The analysis showed that the decline in the number of sunflower sea stars and the decrease in the density of brown algae coincided with a rapid increase in the number of sea urchins. This was followed by more sea otters in Monterey Bay. If in 2000-2013 a relatively stable population of about 269 individuals lived here, then after 2014 it grew to 432 individuals. According to the authors, this is due to the fact that, due to the abundance of food, more calves and young individuals began to survive. Since in one of the two neighboring populations the number of sea otters also increased, although not so sharply, and in the second it remained approximately at the same level, the migration of some of them cannot explain the increase in the number of the species in Monterey Bay.

Since 2014, sea otters of the bay began to eat more sea urchins: their share in the diet of the species increased both at the level of the entire population and among individuals that previously specialized in other types of prey.
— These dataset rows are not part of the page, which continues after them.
-- ===== src/Cpu/Execute/Transfer.antt =====
-- crates/vmrp-cpu/src/execute.rs: loads and stores in ARM mode.
use vmrp_rust.Prelude.{
  ℕ, ◌+◌, ◌-◌, ◌*◌, ◌%◌, ◌^◌, Bool, true, false, not, ◌&&◌, ◌||◌, ◌==◌, if◌then◌else◌, List, [],
  ◌∷◌, length,
}
use vmrp_rust.Word.{add32, sub32, i32_of_i8, i32_of_i16}
use vmrp_rust.Cpu.Cpsr.{ExecutionMode, carry}
use vmrp_rust.Cpu.Memory.{MemoryBus}
use vmrp_rust.Cpu.Decode.{RegisterShift}
use vmrp_rust.Cpu.Machine.{
  Exec, pure, ◌>>=◌, ◌>>◌, fail, unimplemented_instruction, reg, cpsr, read8, read16, read32,
  write8, write16, write32,
}
use vmrp_rust.Cpu.Execute.Common.{
  when, advance, write_reg, exchange, reg_or_pc, read_arm_word, write_arm_word,
  apply_register_shift, mask_registers,
}

-- The address after the offset, and the one that is accessed.
abbrev pub offset_address : Bool → ℕ → ℕ → ℕ
offset_address add_offset base_addr offset =
    if add_offset then add32 base_addr offset else sub32 base_addr offset

abbrev pub access_address : Bool → ℕ → ℕ → ℕ
access_address pre_index base_addr offset_addr = if pre_index then offset_addr else base_addr

module _ {M : Type 0} ⦃bus : MemoryBus M⦄ where
  unfoldable pub execute_arm_single_data_transfer :
      ℕ → ExecutionMode → Bool → Bool → ℕ → ℕ → ℕ → Bool → Bool → Bool → Exec M (Unit {0})
  unfolding reg_or_pc read8 read_arm_word exchange write_reg reg write8 write_arm_word advance
  execute_arm_single_data_transfer pc mode load byte base rd offset add_offset pre_index
        write_back =
      do
        base_addr ← reg_or_pc mode pc base
        let offset_addr = offset_address add_offset base_addr offset
        let address = access_address pre_index base_addr offset_addr
        if load
            then (do
              value ← (if byte then read8 address else read_arm_word address)
              if rd == 15 && not byte then exchange value else write_reg rd value)
            else (do
              value ← reg rd
              if byte then write8 address (value % 2 ^ 8) else write_arm_word address value)
        when (not pre_index || write_back) (write_reg base offset_addr)
        when (not (load && rd == 15 && not byte)) (advance (add32 pc 4))

  -- The value of a halfword load; an unsigned byte is not one of them.
  unfoldable pub load_halfword : ℕ → ExecutionMode → Bool → Bool → ℕ → Exec M ℕ
  unfolding read16 read8 fail
  load_halfword pc mode true true address = do value ← read16 address; pure (i32_of_i16 value)
  load_halfword pc mode true false address = do value ← read8 address; pure (i32_of_i8 value)
  load_halfword pc mode false true address = read16 address
  load_halfword pc mode false false address = fail (unimplemented_instruction pc mode 0)

  unfoldable pub execute_arm_halfword_transfer :
      ℕ → ExecutionMode → Bool → Bool → Bool → ℕ → ℕ → ℕ → Bool → Bool → Bool → Exec M (Unit {0})
  unfolding reg_or_pc load_halfword write_reg reg write16 fail advance
  execute_arm_halfword_transfer pc mode load signed halfword base rd offset add_offset pre_index
        write_back =
      do
        base_addr ← reg_or_pc mode pc base
        let offset_addr = offset_address add_offset base_addr offset
        let address = access_address pre_index base_addr offset_addr
        if load
            then (do value ← load_halfword pc mode signed halfword address; write_reg rd value)
            else if signed || not halfword
            then fail (unimplemented_instruction pc mode 0)
            else (do value ← reg rd; write16 address (value % 2 ^ 16))
        when (not pre_index || write_back) (write_reg base offset_addr)
        when (not (load && rd == 15)) (advance (add32 pc 4))

  unfoldable pub execute_single_data_transfer_register :
      ℕ
      → ExecutionMode
      → Bool
      → Bool
      → ℕ
      → ℕ
      → ℕ
      → RegisterShift
      → Bool
      → Bool
      → Bool
      → Exec M (Unit {0})
  unfolding reg_or_pc cpsr apply_register_shift execute_arm_single_data_transfer
  execute_single_data_transfer_register pc mode load byte base rd rm shift add_offset pre_index
        write_back =
      do
        rm_value ← reg_or_pc mode pc rm
        status ← cpsr
        (offset, _) ← apply_register_shift rm_value shift (carry status)
        execute_arm_single_data_transfer pc mode load byte base rd offset add_offset pre_index
            write_back

  unfoldable pub execute_halfword_transfer_register :
      ℕ → ExecutionMode → Bool → Bool → Bool → ℕ → ℕ → ℕ → Bool → Bool → Bool → Exec M (Unit {0})
  unfolding reg_or_pc execute_arm_halfword_transfer
  execute_halfword_transfer_register pc mode load signed halfword base rd rm add_offset pre_index
        write_back =
      do
        offset ← reg_or_pc mode pc rm
        execute_arm_halfword_transfer pc mode load signed halfword base rd offset add_offset
            pre_index write_back

  -- One register of a block transfer. The answer tells whether the pc has been loaded.
  unfoldable pub transfer_register : Bool → ℕ → ℕ → Bool → Exec M Bool
  unfolding read32 exchange write_reg reg write32
  transfer_register true addr index loaded_pc = do
    value ← read32 addr
    if index == 15
        then (do exchange value; pure true)
        else (do write_reg index value; pure loaded_pc)
  transfer_register false addr index loaded_pc = do
    value ← reg index
    write32 addr value
    pure loaded_pc

  unfoldable pub transfer_registers : Bool → ℕ → List ℕ → ℕ → Bool → Exec M Bool
  unfolding transfer_register
  transfer_registers load start [] slot loaded_pc = pure loaded_pc
  transfer_registers load start (index ∷ registers) slot loaded_pc = do
    loaded_pc' ← transfer_register load (add32 start (slot * 4)) index loaded_pc
    transfer_registers load start registers (slot + 1) loaded_pc'

-- The lowest address of a block of `count` registers, and the base after it.
unfoldable pub block_start : Bool → Bool → ℕ → ℕ → ℕ
block_start add_offset pre_index base_value count =
    if add_offset
    then (if pre_index then add32 base_value 4 else base_value)
    else if pre_index
    then sub32 base_value (count * 4)
    else sub32 base_value ((count - 1) * 4)

unfoldable pub block_end : Bool → ℕ → ℕ → ℕ
block_end add_offset base_value count =
    if add_offset then add32 base_value (count * 4) else sub32 base_value (count * 4)

module _ {M : Type 0} ⦃bus : MemoryBus M⦄ where
  unfoldable pub execute_block_transfer : ℕ → Bool → Bool → Bool → Bool → ℕ → ℕ → Exec M (Unit {0})
  unfolding reg transfer_registers write_reg advance mask_registers block_start block_end
  execute_block_transfer pc load pre_index add_offset write_back base register_mask = do
    let registers = mask_registers 16 0 register_mask
    let count = length registers
    base_value ← reg base
    let start = block_start add_offset pre_index base_value count
    loaded_pc ← transfer_registers load start registers 0 false
    when write_back (write_reg base (block_end add_offset base_value count))
    when (not (load && loaded_pc)) (advance (add32 pc 4))
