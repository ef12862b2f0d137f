-- ===== src/Cpu/Execute/Branch.antt =====
-- crates/vmrp-cpu/src/execute.rs: branches in ARM mode, and the exchange of modes.
use vmrp_rust.Prelude.{ℕ, bit_and, Bool}
use vmrp_rust.Word.{add32, not32, offset32}
use vmrp_rust.Cpu.Cpsr.{ExecutionMode, arm, thumb}
use vmrp_rust.Cpu.Machine.{Exec, ◌>>=◌, ◌>>◌, reg, set_execution_mode}
use vmrp_rust.Cpu.Execute.Common.{when, advance, write_reg, exchange}

unfoldable pub execute_branch : {M : Type 0} → ℕ → Bool → ℕ → Exec M (Unit {0})
unfolding write_reg advance
execute_branch pc link offset = do
  when link (write_reg 14 (add32 pc 4))
  advance (offset32 pc 8 offset)

unfoldable pub execute_branch_link_exchange_immediate : {M : Type 0} → ℕ → ℕ → Exec M (Unit {0})
unfolding write_reg set_execution_mode advance
execute_branch_link_exchange_immediate pc offset = do
  write_reg 14 (add32 pc 4)
  let target = offset32 pc 8 offset
  set_execution_mode thumb
  advance (bit_and target (not32 1))

-- The return address of a branch with link, by the mode.
unfoldable pub return_address : ExecutionMode → ℕ → ℕ
return_address arm pc = add32 pc 4
return_address thumb pc = add32 pc 2

unfoldable pub execute_branch_exchange :
    {M : Type 0} → ℕ → ExecutionMode → Bool → ℕ → Exec M (Unit {0})
unfolding reg write_reg exchange return_address
execute_branch_exchange pc mode link register = do
  target ← reg register
  when link (write_reg 14 (return_address mode pc))
  exchange target
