-- ===== src/Cpu/Execute/ThumbAlu.antt =====
-- crates/vmrp-cpu/src/execute.rs: Thumb arithmetic, moves and branches.
use vmrp_rust.Prelude.{ℕ, bit_and, bit_or, Bool, ◌==◌, if◌then◌else◌}
use vmrp_rust.Word.{add32, sub32, not32, offset32}
use vmrp_rust.Cpu.Cpsr.{arm, thumb, update_nz, update_nzcv_add, update_nzcv_sub, carry}
use vmrp_rust.Cpu.Condition.{Condition, thumb_condition_passed}
use vmrp_rust.Cpu.Decode.{RegisterShift, ThumbOperand, ThumbAluOp, ThumbHiOp}
use vmrp_rust.Cpu.Machine.{Exec, pure, ◌>>=◌, ◌>>◌, reg, cpsr, change_cpsr, set_execution_mode}
use vmrp_rust.Cpu.Execute.Common.{advance, write_reg, exchange, apply_register_shift}
use vmrp_rust.Cpu.Execute.DataProcessing.{logical_flags}

unfoldable pub thumb_operand : {M : Type 0} → ThumbOperand → Exec M ℕ
unfolding reg
thumb_operand (ThumbOperand.immediate value) = pure value
thumb_operand (ThumbOperand.register index) = reg index

unfoldable pub execute_thumb_add_sub :
    {M : Type 0} → ℕ → Bool → ℕ → ℕ → ThumbOperand → Exec M (Unit {0})
unfolding reg thumb_operand write_reg change_cpsr advance
execute_thumb_add_sub pc sub rd rs operand = do
  left ← reg rs
  right ← thumb_operand operand
  let result = if sub then sub32 left right else add32 left right
  write_reg rd result
  change_cpsr (λ r.
      if sub then update_nzcv_sub r left right result else update_nzcv_add r left right result)
  advance (add32 pc 2)

unfoldable pub execute_thumb_adjust_sp : {M : Type 0} → ℕ → Bool → ℕ → Exec M (Unit {0})
unfolding reg write_reg advance
execute_thumb_adjust_sp pc subtract immediate = do
  sp ← reg 13
  write_reg 13 (if subtract then sub32 sp immediate else add32 sp immediate)
  advance (add32 pc 2)

-- The `match op`, on the operands.
unfoldable pub thumb_alu : {M : Type 0} → ThumbAluOp → ℕ → ℕ → ℕ → Exec M (Unit {0})
unfolding change_cpsr write_reg
thumb_alu ThumbAluOp.cmp rd left right =
    change_cpsr (λ r. update_nzcv_sub r left right (sub32 left right))
thumb_alu ThumbAluOp.orr rd left right = do
  write_reg rd (bit_or left right)
  change_cpsr (λ r. update_nz r (bit_or left right))
thumb_alu ThumbAluOp.mvn rd left right = do
  write_reg rd (not32 right)
  change_cpsr (λ r. update_nz r (not32 right))

unfoldable pub execute_thumb_alu_register :
    {M : Type 0} → ℕ → ThumbAluOp → ℕ → ℕ → Exec M (Unit {0})
unfolding reg thumb_alu advance
execute_thumb_alu_register pc op rd rs = do
  left ← reg rd
  right ← reg rs
  thumb_alu op rd left right
  advance (add32 pc 2)

unfoldable pub execute_thumb_shift_immediate :
    {M : Type 0} → ℕ → ℕ → ℕ → RegisterShift → Exec M (Unit {0})
unfolding reg cpsr apply_register_shift write_reg logical_flags advance
execute_thumb_shift_immediate pc rd rs shift = do
  value ← reg rs
  status ← cpsr
  (result, shifter_carry) ← apply_register_shift value shift (carry status)
  write_reg rd result
  logical_flags result shifter_carry
  advance (add32 pc 2)

unfoldable pub execute_thumb_cmp_immediate : {M : Type 0} → ℕ → ℕ → ℕ → Exec M (Unit {0})
unfolding reg change_cpsr advance
execute_thumb_cmp_immediate pc rn immediate = do
  left ← reg rn
  change_cpsr (λ r. update_nzcv_sub r left immediate (sub32 left immediate))
  advance (add32 pc 2)

unfoldable pub execute_thumb_long_branch_prefix : {M : Type 0} → ℕ → ℕ → Exec M (Unit {0})
unfolding write_reg advance
execute_thumb_long_branch_prefix pc offset = do
  write_reg 14 (offset32 (add32 pc 4) 0 offset)
  advance (add32 pc 2)

unfoldable pub execute_thumb_long_branch_suffix : {M : Type 0} → ℕ → Bool → ℕ → Exec M (Unit {0})
unfolding reg write_reg set_execution_mode advance
execute_thumb_long_branch_suffix pc exchanges offset = do
  lr ← reg 14
  let target = add32 lr offset
  write_reg 14 (bit_or (add32 pc 2) 1)
  set_execution_mode (if exchanges then arm else thumb)
  advance (if exchanges then bit_and target (not32 3) else bit_and target (not32 1))

unfoldable pub execute_thumb_branch : {M : Type 0} → ℕ → ℕ → Exec M (Unit {0})
unfolding advance
execute_thumb_branch pc offset = advance (offset32 pc 4 offset)

unfoldable pub execute_thumb_conditional_branch :
    {M : Type 0} → ℕ → Condition → ℕ → Exec M (Unit {0})
unfolding cpsr thumb_condition_passed advance
execute_thumb_conditional_branch pc condition offset = do
  status ← cpsr
  advance (if thumb_condition_passed status condition then offset32 pc 4 offset else add32 pc 2)

-- `if index == 15 { pc + 4 } else { regs.reg(index) }`.
unfoldable pub reg_or_pc4 : {M : Type 0} → ℕ → ℕ → Exec M ℕ
unfolding reg
reg_or_pc4 pc index = if index == 15 then pure (add32 pc 4) else reg index

-- The result of Add and Mov: to the pc, without bit 0, or to another register.
unfoldable pub write_hi : {M : Type 0} → ℕ → ℕ → ℕ → Exec M (Unit {0})
unfolding advance write_reg
write_hi pc rd result =
    if rd == 15
    then advance (bit_and result (not32 1))
    else (do write_reg rd result; advance (add32 pc 2))

unfoldable pub thumb_hi : {M : Type 0} → ℕ → ThumbHiOp → ℕ → ℕ → ℕ → Exec M (Unit {0})
unfolding write_hi change_cpsr advance exchange write_reg set_execution_mode
thumb_hi pc ThumbHiOp.add rd left right = write_hi pc rd (add32 left right)
thumb_hi pc ThumbHiOp.cmp rd left right = do
  change_cpsr (λ r. update_nzcv_sub r left right (sub32 left right))
  advance (add32 pc 2)
thumb_hi pc ThumbHiOp.mov rd left right = write_hi pc rd right
thumb_hi pc ThumbHiOp.bx rd left right = exchange right
thumb_hi pc ThumbHiOp.blx rd left right = do
  write_reg 14 (bit_or (add32 pc 2) 1)
  set_execution_mode arm
  advance (bit_and right (not32 3))

unfoldable pub execute_thumb_hi_register_op :
    {M : Type 0} → ℕ → ThumbHiOp → ℕ → ℕ → Exec M (Unit {0})
unfolding reg_or_pc4 thumb_hi
execute_thumb_hi_register_op pc op rd rs = do
  right ← reg_or_pc4 pc rs
  left ← reg_or_pc4 pc rd
  thumb_hi pc op rd left right

unfoldable pub execute_thumb_load_address : {M : Type 0} → ℕ → Bool → ℕ → ℕ → Exec M (Unit {0})
unfolding reg write_reg advance
execute_thumb_load_address pc from_sp rd offset = do
  base ← (if from_sp then reg 13 else pure (bit_and (add32 pc 4) (not32 3)))
  write_reg rd (add32 base offset)
  advance (add32 pc 2)

unfoldable pub execute_thumb_sub_immediate : {M : Type 0} → ℕ → ℕ → ℕ → Exec M (Unit {0})
unfolding reg write_reg change_cpsr advance
execute_thumb_sub_immediate pc rd immediate = do
  left ← reg rd
  let result = sub32 left immediate
  write_reg rd result
  change_cpsr (λ r. update_nzcv_sub r left immediate result)
  advance (add32 pc 2)

unfoldable pub execute_thumb_add_immediate : {M : Type 0} → ℕ → ℕ → ℕ → Exec M (Unit {0})
unfolding reg write_reg change_cpsr advance
execute_thumb_add_immediate pc rd immediate = do
  left ← reg rd
  let result = add32 left immediate
  write_reg rd result
  change_cpsr (λ r. update_nz r result)
  advance (add32 pc 2)

unfoldable pub execute_thumb_mov_immediate : {M : Type 0} → ℕ → ℕ → ℕ → Exec M (Unit {0})
unfolding write_reg change_cpsr advance
execute_thumb_mov_immediate pc rd immediate = do
  write_reg rd immediate
  change_cpsr (λ r. update_nz r immediate)
  advance (add32 pc 2)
In addition, the authors began to note more individuals preferring sea urchins to other foods (p <0.01).

As observations of the behavior of hedgehogs have shown, in the wastelands they mostly feed openly, however, in the preserved areas of thickets, where the density of macrocystis exceeds one trunk per square meter, they mostly hide in cracks among stones and rocks and eat not live algae, but them fragments fallen to the bottom. At the same time, in individuals that keep in open areas, the volume of gonads is less than in their relatives from thickets (p <0, 0001). This indicates that in the wastelands the physical condition of hedgehogs is worse, although here they are more active and more numerous.

Sea otters discovered earlier than scientists that among thickets sea urchins are more nutritious. This is evidenced by the fact that in Monterey Bay these predators prefer to hunt echinoderms with large gonads that live in the remaining areas of the forest. At the same time, sea otters avoid less nutritious hedgehogs and therefore try not to hunt in the wastelands. In addition, they are reluctant to dive to great depths.

While hunting in preserved areas of algal forests, sea otters protect them from being devoured by sea urchins, Smith and his co-authors say. In the presence of predators, these echinoderms behave more cautiously and instead of openly feeding on algae, they eat their dead fragments sitting in shelters. Thus, the changed behavior of sea otters increased the stability of the surviving fragments of the ecosystem. The authors acknowledge that sea otters are unlikely to directly help algal forests reoccupy areas that have turned into wastelands, because they are extremely reluctant to feed here. However, the remaining thickets protected by these predators will become a source of spores that will one day populate areas of the seabed ravaged by hedgehogs.

Earlier, we talked about how experts evaluated the role of sea otters for the Canadian economy. It turned out that the benefits of restoring their populations outweigh the damage to trappers of crabs, sea urchins and bivalve molluscs. With the return of sea otters, the productivity of marine ecosystems will increase by 37 percent, and the profit from eco-tourism, which will be provided by those who wish to see them, will be six times higher than the monetary losses from reduced seafood production.